5. Influence of a Plasma on the Shadow of a Spherically Symmetric Black Hole

5.1. General Formulas for Spherically Symmetric Black Holes

The shadow is defined as the region of the observer’s sky that is left dark if there are light sources distributed everywhere but not between the observer and the black hole. For constructing the shadow we have to consider all past-oriented light rays that issue from a chosen observer position. Each of these light rays corresponds to a point on the observer’s sky. We assign darkness to a point if the corresponding light ray goes to the horizon of the black hole, and brightness otherwise. Observer will see a dark spot (which we call as shadow) in the angular direction where the black hole is located. The boundary of the shadow is determined by the initial directions of light rays that asymptotically spiral towards the outermost photon sphere (see Figure 9 and Figure 10).

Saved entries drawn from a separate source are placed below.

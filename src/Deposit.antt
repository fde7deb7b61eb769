-- ===== src/Deposit.antt =====
-- Deposits: src/modules/deposit.
pub mod StateMachine
pub mod Credit
pub mod Review
pub mod Policy
pub mod Creation
pub mod Submission
pub mod Retry
pub mod Sweep
pub mod Proofs
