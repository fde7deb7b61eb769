-- ===== src/Prelude/Decimal.antt =====
-- Decimal numerals: `${n}` on a number, `BigInt(digits)` on a text of digits, and what joins them.
use Prim.Native.Nat.{ℕ, zero, suc, ◌+◌, ◌-◌, ◌*◌, ◌/◌, ◌%◌, ◌<◌}
use mathlib.Core.Path.{◌≡◌, refl}
use mathlib.Core.Bool.{Bool, true, ◌&&◌}
use mathlib.Core.List.{List, [], ◌∷◌, ◌++◌}
use native.Mathlib.Omega.{arith}
use telegram_mini_app.Prelude.Tests.{leb}
use telegram_mini_app.Prelude.Lists.{all}
use telegram_mini_app.Prelude.Text.{Text}

-- The decimal digits of a number, least first: `${n}`. The fuel is one more than the number, and a
-- number has no more digits than that.
abbrev pub digits_on : ℕ → ℕ → List ℕ → List ℕ
digits_on zero n found = found
digits_on (suc fuel) n found =
    let next = digits_on fuel (n / 10) ((b'0' + n % 10) ∷ found) in
    elim (n / 10) [ zero ↦ (b'0' + n % 10) ∷ found | suc m ↦ next ]

unfoldable pub decimal : ℕ → Text
decimal n = digits_on (suc n) n []

-- `\d`.
abbrev pub is_digit : ℕ → Bool
is_digit c = leb b'0' c && leb c b'9'

-- What the digits read so far and those of a text denote: `BigInt` on digits.
abbrev pub digits_value : ℕ → Text → ℕ
digits_value acc [] = acc
digits_value acc (c ∷ s) = digits_value (acc * 10 + (c - b'0')) s

pub digits_value-append :
    (acc : ℕ) (s t : Text) → digits_value acc (s ++ t) ≡ digits_value (digits_value acc s) t
digits_value-append acc [] t = refl
digits_value-append acc (c ∷ s) t = digits_value-append (acc * 10 + (c - b'0')) s t

digits_value-digits_on :
    (fuel n : ℕ) (found : Text)
    → n < fuel
    → digits_value 0 (digits_on fuel n found) ≡ digits_value n found
digits_value-digits_on zero n found h = absurd (omega arith)
digits_value-digits_on (suc fuel) n found h =
    ground (arith, digits_value-digits_on fuel (n / 10) ((b'0' + n % 10) ∷ found))

pub digits_value-decimal : (n : ℕ) → digits_value 0 (decimal n) ≡ n
unfolding decimal
digits_value-decimal n = digits_value-digits_on (suc n) n [] (omega arith)

digits_on-digits :
    (fuel n : ℕ) (found : Text)
    → all is_digit found ≡ true
    → all is_digit (digits_on fuel n found) ≡ true
digits_on-digits zero n found h = h
digits_on-digits (suc fuel) n found h =
    ground (arith, digits_on-digits fuel (n / 10) ((b'0' + n % 10) ∷ found))

pub decimal-digits : (n : ℕ) → all is_digit (decimal n) ≡ true
unfolding decimal
decimal-digits n = digits_on-digits (suc n) n [] refl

The first steps towards an investigation of the shadow in matter based on analytical calculations have been done in the paper of Perlick, Tsupko and Bisnovatyi-Kogan [48]. In that paper we have considered the simplest non-trivial case: the influence of a non-magnetized pressure-less plasma on the size of the shadow of a non-rotating black hole was analytically calculated.

Let us consider a spherically symmetric and static metric (1) with the refraction index (3). Let us define for convenience a function $h(r)$ which contains all information about spacetime and plasma and is given by

$$h^2(r)={\displaystyle \frac{D(r)}{A(r)}}\left(1-A(r){\displaystyle \frac{{\omega }_e{(r)}^2}{{\omega }_0^2}}\right).$$

(34)

This is more general definition of function $h(r)$ given by (9).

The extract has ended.